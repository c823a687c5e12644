-- ===== src/Dashboard/Timeline/Text.antt =====
-- What a timeline says: the text of its blocks.
use Prim.Native.String.append
use Prim.Native.String.{◌++◌ as str_append}
use text.Mathlib.TextLemmas.{append_assoc as text_assoc, append-nil as text_nil}
use prospero.Prelude.{
  ℕ, zero, suc, ◌≡◌, refl, sym, ap, ◌∙◌, subst, Bool, Option, none, some, List, [], ◌∷◌, ◌++◌,
  String, length,
}
use prospero.Model.Event.{
  FleetEvent, EventKind, OutputStream, stdout, thinking, agent_spawned, agent_discovered,
  agent_init, status_changed, output, tool_started, tool_finished, agent_finished, agent_gone,
  store_persist_failed, deadline_set, agent_timed_out, repo_health,
}
use prospero.Dashboard.Session.{Entry, event, gap, undecodable}
use prospero.Dashboard.Timeline.{
  Segment, Grouping, out, thought, tool, init, status, finished, skipped, unreadable, other, modify,
  say, think, place, place_output, place_thinking, start_tool, complete, finish_at, call_of,
  add_event, add_entry, group_from, group, started,
}

module _ {V : Type 0} where
  -- The text of a block of a stream.
  abbrev pub words : OutputStream → Segment V → String
  words stdout (out t) = t
  words thinking (thought t) = t
  words x _ = ""

  -- The texts of a stream's blocks, one after another.
  abbrev pub said : OutputStream → List (Segment V) → String
  said x [] = ""
  said x (s ∷ rest) = str_append (words x s) (said x rest)

  -- The text that an entry adds to a stream.
  abbrev pub chunk : OutputStream → EventKind V → String
  chunk stdout (output stdout c) = c
  chunk thinking (output thinking c) = c
  chunk x _ = ""

  abbrev pub chunk_of : OutputStream → Entry V → String
  chunk_of x (event e) = chunk x e.kind
  chunk_of x _ = ""

  abbrev pub chunks : OutputStream → List (Entry V) → String
  chunks x [] = ""
  chunks x (entry ∷ rest) = str_append (chunk_of x entry) (chunks x rest)

words_out :
    (V : Type 0) (x : OutputStream) (c : String)
    → words {V = V} x (out c) ≡ chunk {V = V} x (output stdout c)
words_out V stdout c = refl
words_out V thinking c = refl

words_thought :
    (V : Type 0) (x : OutputStream) (c : String)
    → words {V = V} x (thought c) ≡ chunk {V = V} x (output thinking c)
words_thought V stdout c = refl
words_thought V thinking c = refl

module _ {V : Type 0} where
  said-append :
      (x : OutputStream) (front : List (Segment V)) (s : Segment V)
      → said x (front ++ (s ∷ [])) ≡ str_append (said x front) (words x s)
  said-append x [] s = text_nil (words x s) ∙ sym (append.nil (words x s))
  said-append x (a ∷ rest) s =
      ap (str_append (words x a)) (said-append x rest s)
      ∙ sym (text_assoc (words x a) (said x rest) (words x s))

  abbrev block : OutputStream → String → Segment V
  block stdout t = out t
  block thinking t = thought t

  -- An index stands for the last segment, a block of the stream.
  abbrev Ends : OutputStream → Option ℕ → List (Segment V) → Type 0
  Ends x none segs = Unit
  Ends x (some i) segs =
      (before : List (Segment V)) × (t : String) × (segs ≡ before ++ (block x t ∷ []))
      × (i ≡ length before)

  abbrev IsOpen : Grouping V → Type 0
  IsOpen g = Ends stdout g.open_output g.segs × Ends thinking g.open_thinking g.segs

  modify_last :
      (f : Segment V → Segment V) (before : List (Segment V)) (s : Segment V)
      → modify (length before) f (before ++ (s ∷ [])) ≡ before ++ (f s ∷ [])
  unfolding modify
  modify_last f [] s = refl
  modify_last f (b ∷ rest) s = ap (◌∷◌ b) (modify_last f rest s)

  -- A write that leaves the last segment alone.
  modify_calm :
      (i : ℕ) (f : Segment V → Segment V) (before : List (Segment V)) (s : Segment V)
      → f s ≡ s
      → (before' : List (Segment V)) × (modify i f (before ++ (s ∷ [])) ≡ before' ++ (s ∷ []))
        × (length before' ≡ length before)
  unfolding modify
  modify_calm zero f [] s h = ([], ap (λ x. x ∷ []) h, refl)
  modify_calm (suc i) f [] s h = ([], refl, refl)
  modify_calm zero f (b ∷ rest) s h = (f b ∷ rest, refl, refl)
  modify_calm (suc i) f (b ∷ rest) s h =
      let (before', e, l) = modify_calm i f rest s h in (b ∷ before', ap (◌∷◌ b) e, ap suc l)

  said-modify :
      (x : OutputStream) (i : ℕ) (f : Segment V → Segment V) (segs : List (Segment V))
      → ((s : Segment V) → words x (f s) ≡ words x s)
      → said x (modify i f segs) ≡ said x segs
  unfolding modify
  said-modify x i f [] h = refl
  said-modify x zero f (s ∷ rest) h = ap (λ t. str_append t (said x rest)) (h s)
  said-modify x (suc i) f (s ∷ rest) h = ap (str_append (words x s)) (said-modify x i f rest h)

  -- Text that is put at the end of the open block.
  say_more :
      (x : OutputStream) (i : ℕ) (c : String) (segs : List (Segment V))
      → Ends stdout (some i) segs
      → said x (modify i (say c) segs)
        ≡ str_append (said x segs) (chunk {V = V} x (output stdout c))
  unfolding say
  say_more stdout i c segs (before, t, e, l) =
      rw (e, l, modify_last (say c) before (out t), said-append, said-append)
        (sym (text_assoc (said stdout before) t c))
  say_more thinking i c segs (before, t, e, l) =
      rw (e, l, modify_last (say c) before (out t), said-append, said-append) (sym (text_nil _))

  think_more :
      (x : OutputStream) (i : ℕ) (c : String) (segs : List (Segment V))
      → Ends thinking (some i) segs
      → said x (modify i (think c) segs)
        ≡ str_append (said x segs) (chunk {V = V} x (output thinking c))
  unfolding think
  think_more thinking i c segs (before, t, e, l) =
      rw (e, l, modify_last (think c) before (thought t), said-append, said-append)
        (sym (text_assoc (said thinking before) t c))
  think_more stdout i c segs (before, t, e, l) =
      rw (e, l, modify_last (think c) before (thought t), said-append, said-append)
        (sym (text_nil _))

  calm-Ends :
      (x : OutputStream) (o : Option ℕ) (i : ℕ) (f : Segment V → Segment V)
      (segs : List (Segment V))
      → ((t : String) → f (block x t) ≡ block x t)
      → Ends x o segs
      → Ends x o (modify i f segs)
  calm-Ends x none i f segs h ends = tt
  calm-Ends x (some j) i f segs h (before, t, e, l) =
      let (before', e', l') = modify_calm i f before (block x t) (h t) in
      (before', t, ap (modify i f) e ∙ e', l ∙ sym l')

  -- One entry adds its own text, and leaves each open block last.
  abbrev Adds : Grouping V → Grouping V → (OutputStream → String) → Type 0
  Adds g g' texts =
      IsOpen g' × ((x : OutputStream) → said x g'.segs ≡ str_append (said x g.segs) (texts x))

  place-Adds :
      (g : Grouping V) (s : Segment V) (texts : OutputStream → String)
      → words stdout s ≡ texts stdout
      → words thinking s ≡ texts thinking
      → Adds g (place g s) texts
  unfolding place
  place-Adds g s texts h k = ((tt, tt), placed)
    where
      placed :
          (x : OutputStream) → said x (g.segs ++ (s ∷ [])) ≡ str_append (said x g.segs) (texts x)
      placed stdout = said-append stdout g.segs s ∙ ap (str_append (said stdout g.segs)) h
      placed thinking = said-append thinking g.segs s ∙ ap (str_append (said thinking g.segs)) k

  -- The open block stays last when it grows.
  grown-Ends :
      (x : OutputStream) (i : ℕ) (f : Segment V → Segment V) (segs : List (Segment V))
      → ((t : String) → (t' : String) × (f (block x t) ≡ block x t'))
      → Ends x (some i) segs
      → Ends x (some i) (modify i f segs)
  grown-Ends x i f segs h (before, t, e, l) =
      let (t', grown) = h t in
      (
        before,
        t',
        rw (e, l) (modify_last f before (block x t) ∙ ap (λ s. before ++ (s ∷ [])) grown),
        l,
      )

  output-Adds :
      (g : Grouping V) (c : String) (o : Option ℕ)
      → g.open_output ≡ o
      → IsOpen g
      → Adds g (place_output g c o) (λ x. chunk {V = V} x (output stdout c))
  unfolding place_output say
  output-Adds g c none e h = (
    ((g.segs, c, refl, refl), tt),
    λ x. said-append x g.segs (out c) ∙ ap (str_append (said x g.segs)) (words_out V x c),
  )
  output-Adds g c (some i) e (h, k) =
      let ends : Ends stdout (some i) g.segs = subst (λ o. Ends stdout o g.segs) e h in
      (
        (
          subst (λ o. Ends stdout o (modify i (say c) g.segs)) (sym e)
              (grown-Ends stdout i (say c) g.segs (λ t. (str_append t c, refl)) ends),
          tt,
        ),
        λ x. say_more x i c g.segs ends,
      )

  thinking-Adds :
      (g : Grouping V) (c : String) (o : Option ℕ)
      → g.open_thinking ≡ o
      → IsOpen g
      → Adds g (place_thinking g c o) (λ x. chunk {V = V} x (output thinking c))
  unfolding place_thinking think
  thinking-Adds g c none e h = (
    (tt, (g.segs, c, refl, refl)),
    λ x. said-append x g.segs (thought c) ∙ ap (str_append (said x g.segs)) (words_thought V x c),
  )
  thinking-Adds g c (some i) e (h, k) =
      let ends : Ends thinking (some i) g.segs = subst (λ o. Ends thinking o g.segs) e k in
      (
        (
          tt,
          subst (λ o. Ends thinking o (modify i (think c) g.segs)) (sym e)
              (grown-Ends thinking i (think c) g.segs (λ t. (str_append t c, refl)) ends),
        ),
        λ x. think_more x i c g.segs ends,
      )

module _ {V : Type 0} (duration_ms : String → String → Option ℕ)
    (kind_label : EventKind V → String) where
  words-complete :
      (x : OutputStream) (ok : Bool) (took : Option ℕ) (result : Option String) (truncated : Bool)
      (s : Segment V)
      → words x (complete duration_ms kind_label ok took result truncated s) ≡ words x s
  unfolding complete
  words-complete stdout ok took result truncated (tool t) = refl
  words-complete thinking ok took result truncated (tool t) = refl
  words-complete x ok took result truncated (init a b c) = refl
  words-complete x ok took result truncated (out t) = refl
  words-complete x ok took result truncated (thought t) = refl
  words-complete x ok took result truncated (status a b) = refl
  words-complete x ok took result truncated (finished a b c) = refl
  words-complete x ok took result truncated (skipped n) = refl
  words-complete x ok took result truncated (unreadable w) = refl
  words-complete x ok took result truncated (other l) = refl

  silent_chunk :
      (g g' : Grouping V) (k : EventKind V)
      → chunk stdout k ≡ ""
      → chunk thinking k ≡ ""
      → Adds g g' (λ x. "")
      → Adds g g' (λ x. chunk x k)
  silent_chunk g g' k h j (o, e) = (o, both)
    where
      both : (x : OutputStream) → said x g'.segs ≡ str_append (said x g.segs) (chunk x k)
      both stdout = e stdout ∙ ap (str_append (said stdout g.segs)) (sym h)
      both thinking = e thinking ∙ ap (str_append (said thinking g.segs)) (sym j)

  finish_at-Adds :
      (g : Grouping V) (ts : String) (ok : Bool) (result : Option String) (truncated : Bool)
      (o : Option ℕ)
      → IsOpen g
      → Adds g (finish_at duration_ms kind_label g ts ok result truncated o) (λ x. "")
  unfolding finish_at complete
  finish_at-Adds g ts ok result truncated none h = (h, λ x. sym (text_nil (said x g.segs)))
  finish_at-Adds g ts ok result truncated (some i) (h, k) = (
    (
      calm-Ends stdout g.open_output i _ g.segs (λ t. refl) h,
      calm-Ends thinking g.open_thinking i _ g.segs (λ t. refl) k,
    ),
    λ x.
        said-modify x i _ g.segs (words-complete x ok _ result truncated)
        ∙ sym (text_nil (said x g.segs)),
  )

  add_event-Adds :
      (g : Grouping V) (e : FleetEvent V) (k : EventKind V)
      → IsOpen g
      → Adds g (add_event duration_ms kind_label g e k) (λ x. chunk x k)
  unfolding add_event start_tool place started
  add_event-Adds g e (output stdout c) h = output-Adds g c g.open_output refl h
  add_event-Adds g e (output thinking c) h = thinking-Adds g c g.open_thinking refl h
  add_event-Adds g e (tool_started id name input) h =
      place-Adds g (tool (started e id name input)) (λ x. chunk x (tool_started id name input)) refl
        refl
  add_event-Adds g e (tool_finished id name ok result truncated) h =
      silent_chunk g
        (finish_at duration_ms kind_label g e.ts ok result truncated
          (call_of id g.segs g.open_tools))
        (tool_finished id name ok result truncated) refl refl
        (finish_at-Adds g e.ts ok result truncated (call_of id g.segs g.open_tools) h)
  add_event-Adds g e (agent_init model tools session_id) h =
      place-Adds g (init model tools session_id) (λ x. chunk x (agent_init model tools session_id))
        refl refl
  add_event-Adds g e (status_changed from to) h =
      place-Adds g (status from to) (λ x. chunk x (status_changed from to)) refl refl
  add_event-Adds g e (agent_finished outcome cost_usd turns) h =
      place-Adds g (finished outcome cost_usd turns)
        (λ x. chunk x (agent_finished outcome cost_usd turns)) refl refl
  add_event-Adds g e agent_spawned h =
      place-Adds g (other (kind_label agent_spawned)) (λ x. chunk x agent_spawned) refl refl
  add_event-Adds g e agent_discovered h =
      place-Adds g (other (kind_label agent_discovered)) (λ x. chunk x agent_discovered) refl refl
  add_event-Adds g e agent_gone h =
      place-Adds g (other (kind_label agent_gone)) (λ x. chunk x agent_gone) refl refl
  add_event-Adds g e (store_persist_failed lost_seq detail) h =
      place-Adds g (other (kind_label (store_persist_failed lost_seq detail)))
        (λ x. chunk x (store_persist_failed lost_seq detail)) refl refl
  add_event-Adds g e (deadline_set deadline) h =
      place-Adds g (other (kind_label (deadline_set deadline)))
        (λ x. chunk x (deadline_set deadline)) refl refl
  add_event-Adds g e (agent_timed_out deadline) h =
      place-Adds g (other (kind_label (agent_timed_out deadline)))
        (λ x. chunk x (agent_timed_out deadline)) refl refl
  add_event-Adds g e (repo_health health) h =
      place-Adds g (other (kind_label (repo_health health))) (λ x. chunk x (repo_health health))
        refl refl

  add_entry-Adds :
      (g : Grouping V) (entry : Entry V)
      → IsOpen g
      → Adds g (add_entry duration_ms kind_label g entry) (λ x. chunk_of x entry)
  unfolding add_entry
  add_entry-Adds g (event e) h = add_event-Adds g e e.kind h
  add_entry-Adds g (gap n) h = place-Adds g (skipped n) (λ x. "") refl refl
  add_entry-Adds g (undecodable why) h = place-Adds g (unreadable why) (λ x. "") refl refl

  group_from-said :
      (x : OutputStream) (g : Grouping V) (entries : List (Entry V))
      → IsOpen g
      → said x (group_from duration_ms kind_label g entries).segs
        ≡ str_append (said x g.segs) (chunks x entries)
  unfolding group_from
  group_from-said x g [] h = sym (text_nil (said x g.segs))
  group_from-said x g (entry ∷ rest) h =
      let (h', e) = add_entry-Adds g entry h in
      group_from-said x (add_entry duration_ms kind_label g entry) rest h'
      ∙ ap (λ t. str_append t (chunks x rest)) (e x)
      ∙ text_assoc (said x g.segs) (chunk_of x entry) (chunks x rest)

  -- However the entries interleave, the texts of a stream's blocks, one after another, are the chunks of
  -- that stream, in their order, with nothing lost, doubled or moved to the other stream.
  pub said-group :
      (x : OutputStream) (entries : List (Entry V))
      → said x (group duration_ms kind_label entries) ≡ chunks x entries
  unfolding group
  said-group x entries = group_from-said x _ entries (tt, tt) ∙ append.nil (chunks x entries)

PROBLEM: In the material above, locate the line containing "output-Adds g c none" and the line containing "(grown-Ends stdout i". Transcribe exactly those two lines and every line between them, and nothing more.

TASK RESPONSE:
  output-Adds g c none e h = (
    ((g.segs, c, refl, refl), tt),
    λ x. said-append x g.segs (out c) ∙ ap (str_append (said x g.segs)) (words_out V x c),
  )
  output-Adds g c (some i) e (h, k) =
      let ends : Ends stdout (some i) g.segs = subst (λ o. Ends stdout o g.segs) e h in
      (
        (
          subst (λ o. Ends stdout o (modify i (say c) g.segs)) (sym e)
              (grown-Ends stdout i (say c) g.segs (λ t. (str_append t c, refl)) ends),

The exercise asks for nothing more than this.